Luckily, horses can learn to recognize to recognize lots of different marker signals, so we can have several different ones, and they can cue different behaviors. If I have one marker signal (the click) that cues the stop, I can have another marker signal (a different stimulus) that cues a different way to access the reinforcer. For example, I could teach the horse that when I say “yes” (in a specific way), it means walk to a station for reinforcement. In addition to cueing different behaviors, marker signals can be associated with different types of reinforcers. I can teach a horse that the click means stop and get food and a “yes” means walk to a station where we do a favorite behavior, or I get off, or we rest for a few minutes. There’s a lot of flexibility.

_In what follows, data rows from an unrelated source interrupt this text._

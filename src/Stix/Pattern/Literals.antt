-- ===== src/Stix/Pattern/Literals.antt =====
-- String literals of STIX patterns as their grammar has them, and the texts of src/prow/connectors.
use prow_cti.Prelude.{
  Bool, Bool-cases, Option, String, ap, eqb, eqb_iff, false, if◌then◌else◌, inl, inr, none, refl,
  some, true, ◌||◌, ◌≡◌,
}
use prow_cti.Prelude.Text.{concat}
use prow_cti.Stix.Pattern.{replace, stix_pattern_quote}
use Prim.Native.Char.{Char, code}
use text.Mathlib.TextEquality.{Char-path}

abbrev onto : Char → Option (String × String) → Option (String × String)
onto c none = none
onto c (some (s, rest)) = some (String.◌∷◌ c s, rest)

-- What follows the opening quote of a literal: the text that the literal stands for, and what stands
-- behind its closing quote. A backslash comes before a quote or a backslash, and nowhere else; `pending`
-- is whether the last code point was one.
unfoldable pub read_literal : Bool → String → Option (String × String)
read_literal pending String.[] = none
read_literal true (String.◌∷◌ c s) =
    let rest = read_literal false s in
    if eqb (code c) 39 || eqb (code c) 92 then onto c rest else none
read_literal false (String.◌∷◌ c s) =
    let plain = onto c (read_literal false s) in
    let escaped = read_literal true s in
    if eqb (code c) 39 then some (String.[], s) else if eqb (code c) 92 then escaped else plain

-- Quoting one code point that needs none.
stix_pattern_quote-plain :
    (c : Char) (v : String)
    → eqb (code c) 39 ≡ false
    → eqb (code c) 92 ≡ false
    → stix_pattern_quote (String.◌∷◌ c v) ≡ String.◌∷◌ c (stix_pattern_quote v)
unfolding stix_pattern_quote replace
stix_pattern_quote-plain c v e e' = rw (e', e)

-- What `_stix_pattern_quote` writes between quotes is a literal that stands for the value as it was, and
-- it ends at its closing quote and no earlier.
pub read_literal-quote :
    (v rest : String)
    → read_literal false (concat (stix_pattern_quote v) (concat "'" rest)) ≡ some (v, rest)
unfolding read_literal stix_pattern_quote replace
read_literal-quote String.[] rest = refl
read_literal-quote (String.◌∷◌ c v) rest = elim (Bool-cases (eqb (code c) 39)) [
  | inl e ↦
      rw (Char-path c "'" ((eqb_iff (code c) 39).0 e)) (ap (onto "'") (read_literal-quote v rest))
  | inr e ↦ elim (Bool-cases (eqb (code c) 92)) [
    | inl e' ↦
        rw (Char-path c "\\" ((eqb_iff (code c) 92).0 e'))
          (ap (onto "\\") (read_literal-quote v rest))
    | inr e' ↦
        rw (stix_pattern_quote-plain c v e e', e, e') (ap (onto c) (read_literal-quote v rest))
  ]
]
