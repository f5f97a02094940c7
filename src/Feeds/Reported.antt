-- ===== src/Feeds/Reported.antt =====
-- What the connectors of abuse.ch report of an entry (src/prow/connectors: threatfox, urlhaus and
-- malwarebazaar).
use prow_cti.Db.StixFields.{Timestamp}
use prow_cti.Feeds.AbuseCh.{comparison, feed_indicator, plain_relationship}
use prow_cti.Feeds.Fetch.{done}
use prow_cti.Feeds.Fetch.Steps.{done_injective}
use prow_cti.Prelude.{List, Option, String, arith, false, none, refl, some, sym, ℕ, ◌∙◌, ◌∷◌, ◌≡◌}
use prow_cti.Prelude.Dict.{Dict}
use prow_cti.Prelude.Int.{ℤ}
use prow_cti.Prelude.Text.{concat}
use prow_cti.Stix.Helpers.{StixLib, indicator, relationship}
use prow_cti.Stix.Objects.{
  Indicator, Relationship, StixObject, file_object, indicator_object, ref_of, relationship_object,
  value_object,
}
use prow_cti.Stix.Pattern.{stix_pattern_quote}
use prow_cti.Stix.Pattern.Literals.{read_literal, read_literal-quote}
pub mod Connectors
pub mod MalwareBazaar
pub mod ThreatFox
pub mod UrlHaus

abbrev pub first_hash : Option (Dict String) → Option (String × String)
first_hash (some ((algo, hash) ∷ hashes)) = some (concat "file:hashes.'" (concat algo "'"), hash)
first_hash _ = none

-- The property of an observable that tells it apart, and its value: for a file the first hash.
abbrev pub property_of : StixObject → Option (String × String)
property_of (value_object sco_type id value) = some (concat sco_type ":value", value)
property_of (file_object f) = first_hash f.hashes
property_of _ = none

abbrev pub IsComparison : StixObject → String → Type 0
IsComparison obs p =
    (path value : String) × (property_of obs ≡ some (path, value)) × (p ≡ comparison path value)

-- A pattern that compares the property of an observable with a literal: read by the grammar, the literal
-- is the value of the observable, and it ends where the pattern does.
abbrev pub IsPatternOf : StixObject → String → Type 0
IsPatternOf obs p =
    (path value text : String) × (property_of obs ≡ some (path, value))
    × (p ≡ concat "[" (concat path (concat " = '" text)))
    × (read_literal false text ≡ some (value, "]"))

-- An observable, the indicator of it, and the relationship that says so; what follows is of the family.
abbrev pub IsReported : List StixObject → Type 0
IsReported (obs ∷ indicator_object i ∷ relationship_object r ∷ family) =
    IsPatternOf obs i.pattern
    × (r.source_ref ≡ i.common.id)
    × (r.relationship_type ≡ "based-on")
    × (r.target_ref ≡ ref_of obs)
IsReported _ = ⊥

IsComparison-IsPatternOf : (obs : StixObject) (p : String) → IsComparison obs p → IsPatternOf obs p
IsComparison-IsPatternOf obs p (path, value, q, e) =
    (path, value, concat (stix_pattern_quote value) "']", q, e, read_literal-quote value "]")

feed_indicator-pattern :
    (lib : StixLib) (n : ℕ) (name pattern : String) (at : Timestamp) (c : ℤ) (ind : Indicator)
    → feed_indicator lib n name pattern at c ≡ done ind
    → ind.pattern ≡ pattern
unfolding indicator
feed_indicator-pattern lib n name pattern at c ind h = ground (arith)

-- A relationship that says what an indicator is based on.
plain_relationship-fields :
    (lib : StixLib) (n : ℕ) (from kind to : String) (r : Relationship)
    → plain_relationship lib n from kind to ≡ done r
    → (r.source_ref ≡ from) × (r.relationship_type ≡ kind) × (r.target_ref ≡ to)
unfolding relationship
plain_relationship-fields lib n from kind to r h = rw (sym (done_injective h)) (refl, refl, refl)

-- The three objects of an entry, with those of the family behind them.
pub objects-IsReported :
    (lib : StixLib) (n m : ℕ) (name pattern : String) (at : Timestamp) (c : ℤ) (obs : StixObject)
    (ind : Indicator) (rel : Relationship) (family : List StixObject)
    → IsComparison obs pattern
    → feed_indicator lib n name pattern at c ≡ done ind
    → plain_relationship lib m ind.common.id "based-on" (ref_of obs) ≡ done rel
    → IsReported (obs ∷ indicator_object ind ∷ relationship_object rel ∷ family)
objects-IsReported lib n m name pattern at c obs ind rel family (path, value, q, e) hi hr =
    let same = feed_indicator-pattern lib n name pattern at c ind hi in
    let fields = plain_relationship-fields lib m _ _ _ rel hr in
    (
      IsComparison-IsPatternOf obs ind.pattern (path, value, q, same ∙ e),
      fields.0,
      fields.1,
      fields.2,
    )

Marker signals that do not create an automatic stop are useful if the horse is doing a behavior where I don’t want her to stop immediately. I don’t want a horse to stop if I click over a jump, or when doing behaviors that require coordination to exit easily (extended gaits, lateral movements) – at least in the learning stages.
If I want to condition a marker signal that does not mean stop, I start on the ground. I will pair the marker signal with the reinforcer, in the same way that click is associated with the treat. Let’s say I want to teach the horse that when I say “yes” in a high pitched voice, it means go to a station and get a food reinforcer. I will start at the station, say “yes” and feed the horse. Then I will add distance by moving either the horse or the station, saying “yes” and walking the horse to the station to feed it. After a number of repetitions of this, the horse should start to move toward the station upon hearing the marker “yes.” Once the horse responds well to the marker signal on the ground, I can introduce it when riding. I usually start quite close to the station and add distance slowly even if my horse had been working at a distance on the ground.
Using a verbal marker and a station is just one example of an alternative marker signal/cue combination. I often teach a verbal marker that means “check in with me.” I learned this from dog trainers who teach the dog to orient to them upon hearing the click. When the dog looks at the trainer, they can get information about how to access their reinforcer. Will it be thrown? placed on the ground? held out? We can do the same thing with horses, but if we are on their backs, the check in is listening for the next cue, not turning to look at me. Most of the time, I will tell the horse how and where I want her to stop.
Within a session, I can use several types of markers and reinforcers if I have taught them ahead of time and I am careful and systematic about it. However, it IS important to be systematic about teaching the horse how to respond to each marker signal so that he doesn’t get confused. I have also found that it’s easy for me to become inconsistent if I try to use too many different types of markers and reinforcers within one session.
Teach the horse to “downshift. “
Downshifting means that if I click while the horse is cantering, he slows down by changing through several gaits instead of going directly to halt. So, instead of going from canter to halt when clicked at the canter, the horse goes canter -> trot -> walk -> halt.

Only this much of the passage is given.